Every few years, some act of major corporate malfeasance attains public infamy. A few “bad apples at the top” wreak havoc on the lives of employees. We can recall Enron, WorldCom, Bre-X, Nortel Network., Bear Stearns., Wells Fargo and, most recently, Theranos Inc.
But, just as often, the reverse occurs. A rogue employee unleashes major damage upon a corporation’s brand, stock price, or bottom line. Through the doctrine of ‘vicarious liability’, a court will hold the employer liable, outside of exceptional circumstances. It is the sins of the son visited upon the father rather than the reverse.
Simplicity Air Ltd. is one employer that recently learned thi s hard lesson. The Ontario Court of Appeal upheld a punitive damages award against it for $150,000, the factual basis for which included stunningly unprofessional behaviour by two supervisors, Gary and Doug.
A Simplicity employee, Daniel Eynon, suffered serious injuries in the workplace, for which he sued his employer. After being challenged by a colleague, he climbed a 14-foot-high chain hoist. As he descended, he caught the crotch of his pants on a hook near the bottom of the chain. Another hook pierced his scrotum. The employee required surgery the same day — debridement and repairing lacerations, to be precise.
After the accident, Eynon said he screamed in pain and asked that an ambulance be called. When Gary, the supervisor, came into the shop, he allegedly laughed. When Eynon tried to show Gary his injury, Eynon claimed Gary refused to even look. According to Eynon, Gary refused to call an ambulance and instead drove him to the second shop location to talk with Doug, the service manager.
Doug first said that they would arrange someone to drive Eynon home to Simcoe and would get his car home for him. After insisting on being taken to the hospital instead, the supervisors finally agreed but , before departing, allegedly told Eynon to say, “this happened at home.” When they arrived at the hospital, Gary dropped Eynon at the entrance and did not accompany him inside.
The company and its witnesses offered a starkly different version of events but the court was swayed by Eynon’s version of events.
On appeal, the court found that the jury had acted reasonably in awarding punitive damages. The court stated that “the supervisors’ instructions to an injured employee to falsely report that he was injured at home, without more, warranted an award of punitive damages.”
It is hard to imagine a business owner or executive with even a modicum of caution and judgment managing the situation the way these two supervisors did.
Unfortunately, the court went on to note that the supervisors had clearly been “left in charge of the workplace” in the absence of Simplicity’s owners. There was, in the court’s view, “no question that the conduct of the supervisors was the conduct of their employer.”

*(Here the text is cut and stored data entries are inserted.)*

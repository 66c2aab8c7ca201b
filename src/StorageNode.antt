-- ===== src/StorageNode.antt =====
-- The storage client package (packages/storage-client/src/index.ts): an upload strategy and a client
-- over the Codex SDK. The SDK's data endpoints, `fetch` and the printing of values are parameters.
pub mod Uploads
use widespread_logos.Prelude.{
  ℕ, Bool, true, false, not, ◌||◌, Option, none, some, List, [], ◌∷◌, ◌++◌, Text, Bytes, codes,
  text_eq, Error, message, Result, ok, err, if◌then◌else◌,
}
use widespread_logos.Prelude.Errors.{◌>>=◌}
use widespread_logos.Platform.{decimal}
use widespread_logos.Platform.Json.{Value}

pub record StorageClientOptions : Type 0 where
  pub node_url : Text
  pub basic_auth : Option Text

-- A CodexError: its text, and the code that it may carry.
pub record CodexError : Type 0 where
  pub text : Text
  pub code : Option ℕ

-- `SafeValue<T>`: an error, or the data, which may be missing.
pub data SafeValue {ℓ} (Data : Type ℓ) : Type ℓ where
  failed : CodexError → SafeValue Data
  served : Option Data → SafeValue Data

-- The POST of an upload, and the response.
pub record UploadRequest : Type 0 where
  pub url : Text
  pub authorization : Option Text
  pub body : Bytes

pub record UploadResponse : Type 0 where
  pub is_ok : Bool
  pub status : ℕ
  pub text : Result Text

-- `fetch`, and `String(e)` of what it throws.
pub record Web : Type 0 where
  pub fetch : UploadRequest → Result UploadResponse
  pub show_error : Error → Text

-- `options?.auth?.basic ? {…} : {}`
unfoldable pub authorization_of : Option Text → Option Text
authorization_of none = none
authorization_of (some basic) = if text_eq basic [] then none else some (codes "Basic " ++ basic)

module _ (web : Web) where
  unfoldable pub body_read : Result Text → SafeValue Text
  body_read (err e) = failed (record { text = web.show_error e; code = none })
  body_read (ok s) = served (some s)

  unfoldable pub upload_answer : Result UploadResponse → SafeValue Text
  unfolding decimal body_read
  upload_answer (err e) = failed (record { text = web.show_error e; code = none })
  upload_answer (ok res) =
      if not res.is_ok
      then failed (record {
        text = codes "upload failed: HTTP " ++ decimal res.status;
        code = some res.status;
      })
      else body_read res.text

  -- `BytesUploadStrategy.upload`
  unfoldable pub upload_bytes : Bytes → Text → Option Text → SafeValue Text
  unfolding upload_answer authorization_of
  upload_bytes bytes url basic =
      upload_answer
        (web.fetch (record { url = url; authorization = authorization_of basic; body = bytes }))

-- The endpoints of `codex.data`. A download resolves to bytes, or to a body that cannot be read.
pub record CodexData : Type 0 where
  pub upload : (Text → Option Text → SafeValue Text) → Result (SafeValue Text)
  pub local_download : Text → Result (SafeValue (Result Bytes))
  pub network_download_stream : Text → Result (SafeValue (Result Bytes))
  pub fetch_manifest : Text → Result (SafeValue Value)
  pub cids : Result (SafeValue Value)

pub record UploadResult : Type 0 where
  pub cid : Text

-- `res.error || !res.data ? throw : {cid: res.data}`
unfoldable pub cid_of : (SafeValue Text → Text) → SafeValue Text → Result UploadResult
cid_of show (failed e) = err (message (codes "upload failed: " ++ show (failed e)))
cid_of show (served none) = err (message (codes "upload failed: " ++ show (served none)))
cid_of show (served (some s)) =
    if text_eq s []
    then err (message (codes "upload failed: " ++ show (served (some s))))
    else ok (record { cid = s })

unfoldable pub bytes_of : Text → SafeValue (Result Bytes) → Result Bytes
bytes_of refusal (failed e) = err (message refusal)
bytes_of refusal (served none) = err (message refusal)
bytes_of refusal (served (some body)) = body

unfoldable pub data_of : Text → SafeValue Value → Result (Option Value)
data_of refusal (failed e) = err (message refusal)
data_of refusal (served v) = ok v

-- `show` is JSON.stringify of a result.
module _ (web : Web) (data_api : CodexData) (show : SafeValue Text → Text) where
  unfoldable pub upload : Bytes → Result UploadResult
  unfolding upload_bytes cid_of
  upload bytes = data_api.upload (upload_bytes web bytes) >>= λ res. cid_of show res

  unfoldable pub local_download : Text → Result Bytes
  unfolding bytes_of
  local_download cid = data_api.local_download cid >>= λ res.
      bytes_of (codes "local download failed for " ++ cid) res

  unfoldable pub network_download : Text → Result Bytes
  unfolding bytes_of
  network_download cid = data_api.network_download_stream cid >>= λ res.
      bytes_of (codes "network download failed for " ++ cid) res

  unfoldable pub manifest : Text → Result (Option Value)
  unfolding data_of
  manifest cid =
      data_api.fetch_manifest cid >>= λ res. data_of (codes "manifest fetch failed for " ++ cid) res

  unfoldable pub cids : Result (Option Value)
  unfolding data_of
  cids = data_api.cids >>= λ res. data_of (codes "could not list local CIDs") res
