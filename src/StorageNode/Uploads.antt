-- ===== src/StorageNode/Uploads.antt =====
-- What an upload that returned says of the node.
use widespread_logos.Prelude.{
  Bool, true, not, Option, none, some, [], Text, Bytes, codes, text_eq, Error, message, ◌++◌,
  Result, ok, err, if◌then◌else◌, ◌≡◌, refl, sym, ap, ◌∙◌, Bool-cases, inl, inr,
}
use widespread_logos.Prelude.Errors.{◌>>=◌, ok-inj}
use widespread_logos.Platform.{decimal}
use widespread_logos.StorageNode.{
  SafeValue, failed, served, UploadResponse, Web, authorization_of, upload_answer, body_read,
  CodexError, upload_bytes, CodexData, UploadResult, cid_of, upload,
}

-- The SDK hands an upload strategy the URL of the node's data endpoint and the credential of the
-- options, and resolves to what the strategy resolves to.
pub record RunsStrategy (data_api : CodexData) (url : Text) (basic : Option Text) : Type 0 where
  pub run-strategy :
      (strategy : Text → Option Text → SafeValue Text)
      → data_api.upload strategy ≡ ok (strategy url basic)

-- The node accepted the bytes and named the id.
abbrev pub Accepted : Web → Text → Option Text → Bytes → Text → Type 0
Accepted web url basic bytes cid =
    (res : UploadResponse) × (web.fetch
        (record { url = url; authorization = authorization_of basic; body = bytes })
      ≡ ok res)
    × (res.is_ok ≡ true)
    × (res.text ≡ ok cid)

cid_of-served :
    (show : SafeValue Text → Text) (o : SafeValue Text) {r : UploadResult}
    → cid_of show o ≡ ok r
    → o ≡ served (some r.cid)
unfolding cid_of
cid_of-served show (failed e) same = cc
cid_of-served show (served none) same = cc
cid_of-served show (served (some s)) {r} same = elim (Bool-cases (text_eq s [])) [
  | inl bare ↦ refused (sym (ap branch bare) ∙ same)
  | inr full ↦ ap (λ (x : UploadResult). served (some x.cid)) (ok-inj (sym (ap branch full) ∙ same))
]
  where
    branch : Bool → Result UploadResult
    branch b =
        if b
        then err (message (codes "upload failed: " ++ show (served (some s))))
        else ok (record { cid = s })

    refused : {A : Type 0} {e : Error} → err e ≡ ok r → A
    refused same = cc

answer-served :
    (web : Web) (o : Result UploadResponse) (cid : Text)
    → upload_answer web o ≡ served (some cid)
    → (res : UploadResponse) × (o ≡ ok res) × (res.is_ok ≡ true) × (res.text ≡ ok cid)
unfolding upload_answer body_read
answer-served web (err e) cid same = cc
answer-served web (ok res) cid same = elim (Bool-cases res.is_ok) [
  | inl fine ↦ (res, refl, fine, body-served res.text (sym (ap branch fine) ∙ same))
  | inr refused ↦ refusal (sym (ap branch refused) ∙ same)
]
  where
    branch : Bool → SafeValue Text
    branch b =
        if not b
        then failed (record {
          text = codes "upload failed: HTTP " ++ decimal res.status;
          code = some res.status;
        })
        else body_read web res.text

    refusal : {A : Type 0} {e : CodexError} → failed e ≡ served (some cid) → A
    refusal same = cc

    body-served : (t : Result Text) → body_read web t ≡ served (some cid) → t ≡ ok cid
    body-served (err e) same = cc
    body-served (ok s) same = cc

-- When an upload returns a content id, the node has answered the POST of exactly these bytes with
-- success, and its answer is that id.
pub upload-Accepted :
    (web : Web) (data_api : CodexData) (show : SafeValue Text → Text) (url : Text)
    (basic : Option Text)
    → RunsStrategy data_api url basic
    → (bytes : Bytes) {r : UploadResult} → upload web data_api show bytes ≡ ok r
    → Accepted web url basic bytes r.cid
unfolding upload upload_bytes
upload-Accepted web data_api show url basic runs bytes {r} returned = answer-served web _ r.cid (
    cid_of-served show (upload_bytes web bytes url basic) (
      ap (λ o. o >>= λ res. cid_of show res) (sym (runs.run-strategy (upload_bytes web bytes)))
      ∙ returned))
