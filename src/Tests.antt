-- ===== src/Tests.antt =====
-- Concrete inputs: the platform and the storage node made of concrete functions, and one use of each
-- theorem that has hypotheses.
mod World
mod Codec
mod Wallet
mod Custody
mod Chain
mod Surfaces
mod Page
mod Database
mod Services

It is generally a high bar for an individual employee to attract personal liability that lets their employer off the hook. It must be established that the individual acted maliciously, fraudulently, in bad faith, or where the act in question was clearly outside the scope of their authority.
Sometimes this high bar is met. For instance, in the 2007 case of Benko v. Scott, a supervisor sent letters falsely alleging theft against a subordinate. The letters, sent to three individuals, were defamatory. Their mailing was found to be entirely outside of the scope of the supervisor’s authority and responsibilities. The employer neither knew about nor authorized them. The judge noted that “the sending of such letters was so bizarre that an employer could not reasonably be expected to have safeguarded against such actions.”
Furthermore, the letters were handwritten, unsigned, and not on paper that identified the business.
However, the supervisor also made slanderous comments about the plaintiff, telling other employees that she had stolen inventory and that the RCMP was investigating her. These comments were utterly false. The court found that there was “no evidence” that these statements were authorized by the employer. Nevertheless, the employer was found vicariously liable for the slander, because the supervisor made the remarks “in the course of her work on behalf of the business” and the employer had “permitted her to supervise the plaintiff.”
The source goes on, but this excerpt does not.